_Task prompt_: Provide again, from the entries below, every line from the one containing "dedup_by_open_time-IsBelow cs h" through the one containing "attempt_narrow_recovery-IsBelow gap zero", exactly as written, and no other line.

_Records supplied_:
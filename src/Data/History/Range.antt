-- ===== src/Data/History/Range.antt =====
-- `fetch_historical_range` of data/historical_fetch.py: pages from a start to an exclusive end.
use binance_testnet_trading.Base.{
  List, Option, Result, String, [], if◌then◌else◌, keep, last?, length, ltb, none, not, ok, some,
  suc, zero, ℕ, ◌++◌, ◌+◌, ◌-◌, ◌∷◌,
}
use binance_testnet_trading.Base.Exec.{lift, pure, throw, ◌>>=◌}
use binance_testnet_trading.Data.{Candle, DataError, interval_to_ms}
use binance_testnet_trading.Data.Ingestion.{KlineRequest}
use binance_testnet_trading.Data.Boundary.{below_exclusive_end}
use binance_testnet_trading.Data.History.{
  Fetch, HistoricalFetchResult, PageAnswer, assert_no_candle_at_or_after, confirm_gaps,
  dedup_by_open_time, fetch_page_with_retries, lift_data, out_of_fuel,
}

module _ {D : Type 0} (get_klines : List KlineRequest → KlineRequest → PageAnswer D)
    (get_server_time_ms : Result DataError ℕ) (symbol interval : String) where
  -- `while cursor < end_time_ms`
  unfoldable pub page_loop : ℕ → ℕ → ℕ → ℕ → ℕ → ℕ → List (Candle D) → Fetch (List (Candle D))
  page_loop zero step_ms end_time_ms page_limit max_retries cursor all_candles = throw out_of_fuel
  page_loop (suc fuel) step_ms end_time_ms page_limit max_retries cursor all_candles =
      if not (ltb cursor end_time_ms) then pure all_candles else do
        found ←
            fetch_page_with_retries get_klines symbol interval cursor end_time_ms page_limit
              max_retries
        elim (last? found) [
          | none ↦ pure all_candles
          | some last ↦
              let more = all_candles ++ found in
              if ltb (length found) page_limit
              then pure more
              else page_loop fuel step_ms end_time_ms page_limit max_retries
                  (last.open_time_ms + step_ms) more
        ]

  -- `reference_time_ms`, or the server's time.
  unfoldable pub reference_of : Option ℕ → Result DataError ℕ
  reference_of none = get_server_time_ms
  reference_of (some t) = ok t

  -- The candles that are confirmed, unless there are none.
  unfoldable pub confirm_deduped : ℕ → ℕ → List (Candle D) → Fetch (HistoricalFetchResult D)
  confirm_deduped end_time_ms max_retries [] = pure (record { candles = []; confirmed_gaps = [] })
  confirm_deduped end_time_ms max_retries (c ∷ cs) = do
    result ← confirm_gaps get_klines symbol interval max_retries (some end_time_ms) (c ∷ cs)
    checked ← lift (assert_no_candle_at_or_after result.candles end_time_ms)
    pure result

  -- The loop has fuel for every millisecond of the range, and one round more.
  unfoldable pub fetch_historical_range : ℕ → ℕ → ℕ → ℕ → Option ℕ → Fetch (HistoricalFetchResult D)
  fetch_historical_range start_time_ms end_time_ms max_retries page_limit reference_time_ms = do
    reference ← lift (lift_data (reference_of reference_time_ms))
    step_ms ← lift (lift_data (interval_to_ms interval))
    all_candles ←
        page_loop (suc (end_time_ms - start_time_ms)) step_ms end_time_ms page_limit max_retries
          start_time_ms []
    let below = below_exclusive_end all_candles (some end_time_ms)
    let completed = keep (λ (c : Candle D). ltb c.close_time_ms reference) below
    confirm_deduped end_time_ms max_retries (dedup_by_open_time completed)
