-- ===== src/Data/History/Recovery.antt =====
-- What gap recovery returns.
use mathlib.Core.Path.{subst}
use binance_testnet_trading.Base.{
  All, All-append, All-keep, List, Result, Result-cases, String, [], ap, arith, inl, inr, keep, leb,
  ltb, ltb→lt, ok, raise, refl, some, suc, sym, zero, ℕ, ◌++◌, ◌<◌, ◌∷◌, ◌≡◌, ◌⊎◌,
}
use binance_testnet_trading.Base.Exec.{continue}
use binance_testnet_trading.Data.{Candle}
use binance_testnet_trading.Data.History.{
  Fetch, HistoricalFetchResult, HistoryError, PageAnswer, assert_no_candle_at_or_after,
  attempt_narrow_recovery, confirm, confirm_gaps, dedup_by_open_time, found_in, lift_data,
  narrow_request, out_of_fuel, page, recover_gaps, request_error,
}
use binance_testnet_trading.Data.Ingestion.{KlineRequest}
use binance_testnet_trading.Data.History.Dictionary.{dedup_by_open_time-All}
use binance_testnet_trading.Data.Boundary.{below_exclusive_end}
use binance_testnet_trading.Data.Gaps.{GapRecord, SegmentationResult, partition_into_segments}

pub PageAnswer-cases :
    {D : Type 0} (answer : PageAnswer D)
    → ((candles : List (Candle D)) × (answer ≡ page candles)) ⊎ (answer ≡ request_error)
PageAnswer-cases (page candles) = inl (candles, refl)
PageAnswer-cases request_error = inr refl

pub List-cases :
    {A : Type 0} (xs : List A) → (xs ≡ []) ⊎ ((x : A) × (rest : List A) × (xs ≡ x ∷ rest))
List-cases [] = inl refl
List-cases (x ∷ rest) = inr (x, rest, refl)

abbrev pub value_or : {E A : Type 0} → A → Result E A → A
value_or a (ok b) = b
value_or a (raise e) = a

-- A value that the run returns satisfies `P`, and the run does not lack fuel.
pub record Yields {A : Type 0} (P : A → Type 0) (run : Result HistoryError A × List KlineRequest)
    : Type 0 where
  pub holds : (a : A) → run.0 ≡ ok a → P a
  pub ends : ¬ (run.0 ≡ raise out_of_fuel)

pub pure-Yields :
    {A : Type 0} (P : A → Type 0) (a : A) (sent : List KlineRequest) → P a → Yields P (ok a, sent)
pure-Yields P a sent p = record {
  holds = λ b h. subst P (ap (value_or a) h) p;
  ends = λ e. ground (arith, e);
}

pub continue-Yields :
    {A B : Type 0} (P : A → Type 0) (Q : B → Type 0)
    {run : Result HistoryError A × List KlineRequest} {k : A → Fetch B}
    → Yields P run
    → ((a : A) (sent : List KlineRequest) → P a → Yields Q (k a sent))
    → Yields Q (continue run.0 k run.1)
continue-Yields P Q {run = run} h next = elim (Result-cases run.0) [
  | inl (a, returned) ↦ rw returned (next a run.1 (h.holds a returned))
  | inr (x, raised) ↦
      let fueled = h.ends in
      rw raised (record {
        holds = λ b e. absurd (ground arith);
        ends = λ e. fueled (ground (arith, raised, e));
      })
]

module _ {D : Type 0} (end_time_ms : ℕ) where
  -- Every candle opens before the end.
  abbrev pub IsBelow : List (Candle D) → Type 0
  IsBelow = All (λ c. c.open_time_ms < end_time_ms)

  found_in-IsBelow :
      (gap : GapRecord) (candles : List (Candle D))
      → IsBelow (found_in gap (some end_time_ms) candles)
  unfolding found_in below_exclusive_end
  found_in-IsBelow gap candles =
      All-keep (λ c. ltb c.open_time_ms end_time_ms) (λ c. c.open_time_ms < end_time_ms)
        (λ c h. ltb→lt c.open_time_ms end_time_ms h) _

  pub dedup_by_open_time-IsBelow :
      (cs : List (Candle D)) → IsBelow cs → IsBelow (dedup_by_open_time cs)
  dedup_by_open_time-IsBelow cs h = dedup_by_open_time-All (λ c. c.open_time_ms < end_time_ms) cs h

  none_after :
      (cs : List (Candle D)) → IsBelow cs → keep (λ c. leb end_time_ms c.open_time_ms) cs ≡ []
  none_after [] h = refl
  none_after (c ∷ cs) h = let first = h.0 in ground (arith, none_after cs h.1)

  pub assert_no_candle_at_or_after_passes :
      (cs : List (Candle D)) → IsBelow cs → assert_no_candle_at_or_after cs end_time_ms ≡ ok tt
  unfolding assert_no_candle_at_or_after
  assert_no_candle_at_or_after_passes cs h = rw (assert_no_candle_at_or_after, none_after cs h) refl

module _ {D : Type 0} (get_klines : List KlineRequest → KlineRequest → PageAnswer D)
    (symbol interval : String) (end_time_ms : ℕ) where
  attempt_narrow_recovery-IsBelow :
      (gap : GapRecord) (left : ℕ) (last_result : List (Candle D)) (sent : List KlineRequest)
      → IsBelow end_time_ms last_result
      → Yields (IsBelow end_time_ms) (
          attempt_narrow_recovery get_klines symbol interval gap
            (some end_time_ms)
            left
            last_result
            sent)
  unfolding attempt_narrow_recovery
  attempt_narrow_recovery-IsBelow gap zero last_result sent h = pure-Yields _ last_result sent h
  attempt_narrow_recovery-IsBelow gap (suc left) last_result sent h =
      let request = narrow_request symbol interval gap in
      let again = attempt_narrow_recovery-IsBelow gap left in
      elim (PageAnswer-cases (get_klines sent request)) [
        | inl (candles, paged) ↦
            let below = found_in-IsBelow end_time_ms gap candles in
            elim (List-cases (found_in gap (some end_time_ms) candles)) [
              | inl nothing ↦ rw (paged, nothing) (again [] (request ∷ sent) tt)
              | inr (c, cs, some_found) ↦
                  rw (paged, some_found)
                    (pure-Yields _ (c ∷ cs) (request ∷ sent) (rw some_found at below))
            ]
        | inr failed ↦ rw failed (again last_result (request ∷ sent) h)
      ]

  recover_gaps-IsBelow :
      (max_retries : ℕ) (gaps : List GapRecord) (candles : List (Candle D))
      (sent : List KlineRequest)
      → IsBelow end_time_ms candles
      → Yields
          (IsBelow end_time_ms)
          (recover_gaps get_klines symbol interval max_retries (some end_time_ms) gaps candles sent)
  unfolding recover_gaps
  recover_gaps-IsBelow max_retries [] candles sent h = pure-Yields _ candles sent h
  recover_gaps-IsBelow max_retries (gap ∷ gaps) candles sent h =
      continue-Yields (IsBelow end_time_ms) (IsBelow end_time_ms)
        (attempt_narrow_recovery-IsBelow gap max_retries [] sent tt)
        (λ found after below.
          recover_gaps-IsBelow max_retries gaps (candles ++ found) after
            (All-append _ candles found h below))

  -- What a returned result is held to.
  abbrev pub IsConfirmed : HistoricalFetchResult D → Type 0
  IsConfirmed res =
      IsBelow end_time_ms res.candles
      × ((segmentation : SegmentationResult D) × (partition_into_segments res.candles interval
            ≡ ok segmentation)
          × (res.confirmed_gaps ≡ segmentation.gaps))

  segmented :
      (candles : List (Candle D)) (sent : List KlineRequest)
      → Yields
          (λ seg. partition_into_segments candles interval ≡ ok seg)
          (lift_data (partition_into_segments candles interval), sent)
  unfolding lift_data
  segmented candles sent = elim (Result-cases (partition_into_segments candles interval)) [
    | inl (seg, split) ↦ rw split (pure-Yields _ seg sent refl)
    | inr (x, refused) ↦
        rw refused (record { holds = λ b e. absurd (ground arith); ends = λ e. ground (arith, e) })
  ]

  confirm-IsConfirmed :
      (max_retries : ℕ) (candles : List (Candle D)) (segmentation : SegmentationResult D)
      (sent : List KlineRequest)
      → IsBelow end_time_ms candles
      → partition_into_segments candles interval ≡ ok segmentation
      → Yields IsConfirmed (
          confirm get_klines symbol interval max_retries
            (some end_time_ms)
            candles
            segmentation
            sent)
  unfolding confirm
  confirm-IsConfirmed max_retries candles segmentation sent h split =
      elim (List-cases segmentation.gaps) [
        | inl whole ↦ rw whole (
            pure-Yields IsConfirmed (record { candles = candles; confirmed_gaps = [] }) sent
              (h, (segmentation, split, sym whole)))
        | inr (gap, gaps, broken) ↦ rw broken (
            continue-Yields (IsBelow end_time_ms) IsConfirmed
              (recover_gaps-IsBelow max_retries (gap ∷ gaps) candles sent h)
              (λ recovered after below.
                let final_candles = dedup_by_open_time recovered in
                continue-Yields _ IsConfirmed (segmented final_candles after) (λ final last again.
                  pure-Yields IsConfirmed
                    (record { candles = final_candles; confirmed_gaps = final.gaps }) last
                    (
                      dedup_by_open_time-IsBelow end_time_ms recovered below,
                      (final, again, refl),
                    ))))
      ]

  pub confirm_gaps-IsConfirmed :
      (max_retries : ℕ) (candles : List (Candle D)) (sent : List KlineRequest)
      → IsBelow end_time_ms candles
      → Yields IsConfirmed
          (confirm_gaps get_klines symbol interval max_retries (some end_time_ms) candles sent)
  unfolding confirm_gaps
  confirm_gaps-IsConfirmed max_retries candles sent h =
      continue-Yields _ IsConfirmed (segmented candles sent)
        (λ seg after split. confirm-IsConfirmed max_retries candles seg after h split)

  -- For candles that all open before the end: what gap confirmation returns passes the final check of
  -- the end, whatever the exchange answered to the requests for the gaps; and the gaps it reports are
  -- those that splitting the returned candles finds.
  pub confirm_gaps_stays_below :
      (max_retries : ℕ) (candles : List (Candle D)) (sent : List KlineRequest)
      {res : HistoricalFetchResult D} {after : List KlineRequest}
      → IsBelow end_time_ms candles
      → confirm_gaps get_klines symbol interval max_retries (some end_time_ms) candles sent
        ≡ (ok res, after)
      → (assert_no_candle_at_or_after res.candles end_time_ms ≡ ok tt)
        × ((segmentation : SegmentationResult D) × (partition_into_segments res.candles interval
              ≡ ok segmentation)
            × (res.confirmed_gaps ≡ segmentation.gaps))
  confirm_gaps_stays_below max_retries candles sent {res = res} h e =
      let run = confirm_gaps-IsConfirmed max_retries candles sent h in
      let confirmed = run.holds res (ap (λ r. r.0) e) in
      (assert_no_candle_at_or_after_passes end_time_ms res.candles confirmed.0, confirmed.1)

_Answer area_:
  dedup_by_open_time-IsBelow cs h = dedup_by_open_time-All (λ c. c.open_time_ms < end_time_ms) cs h

  none_after :
      (cs : List (Candle D)) → IsBelow cs → keep (λ c. leb end_time_ms c.open_time_ms) cs ≡ []
  none_after [] h = refl
  none_after (c ∷ cs) h = let first = h.0 in ground (arith, none_after cs h.1)

  pub assert_no_candle_at_or_after_passes :
      (cs : List (Candle D)) → IsBelow cs → assert_no_candle_at_or_after cs end_time_ms ≡ ok tt
  unfolding assert_no_candle_at_or_after
  assert_no_candle_at_or_after_passes cs h = rw (assert_no_candle_at_or_after, none_after cs h) refl

module _ {D : Type 0} (get_klines : List KlineRequest → KlineRequest → PageAnswer D)
    (symbol interval : String) (end_time_ms : ℕ) where
  attempt_narrow_recovery-IsBelow :
      (gap : GapRecord) (left : ℕ) (last_result : List (Candle D)) (sent : List KlineRequest)
      → IsBelow end_time_ms last_result
      → Yields (IsBelow end_time_ms) (
          attempt_narrow_recovery get_klines symbol interval gap
            (some end_time_ms)
            left
            last_result
            sent)
  unfolding attempt_narrow_recovery
  attempt_narrow_recovery-IsBelow gap zero last_result sent h = pure-Yields _ last_result sent h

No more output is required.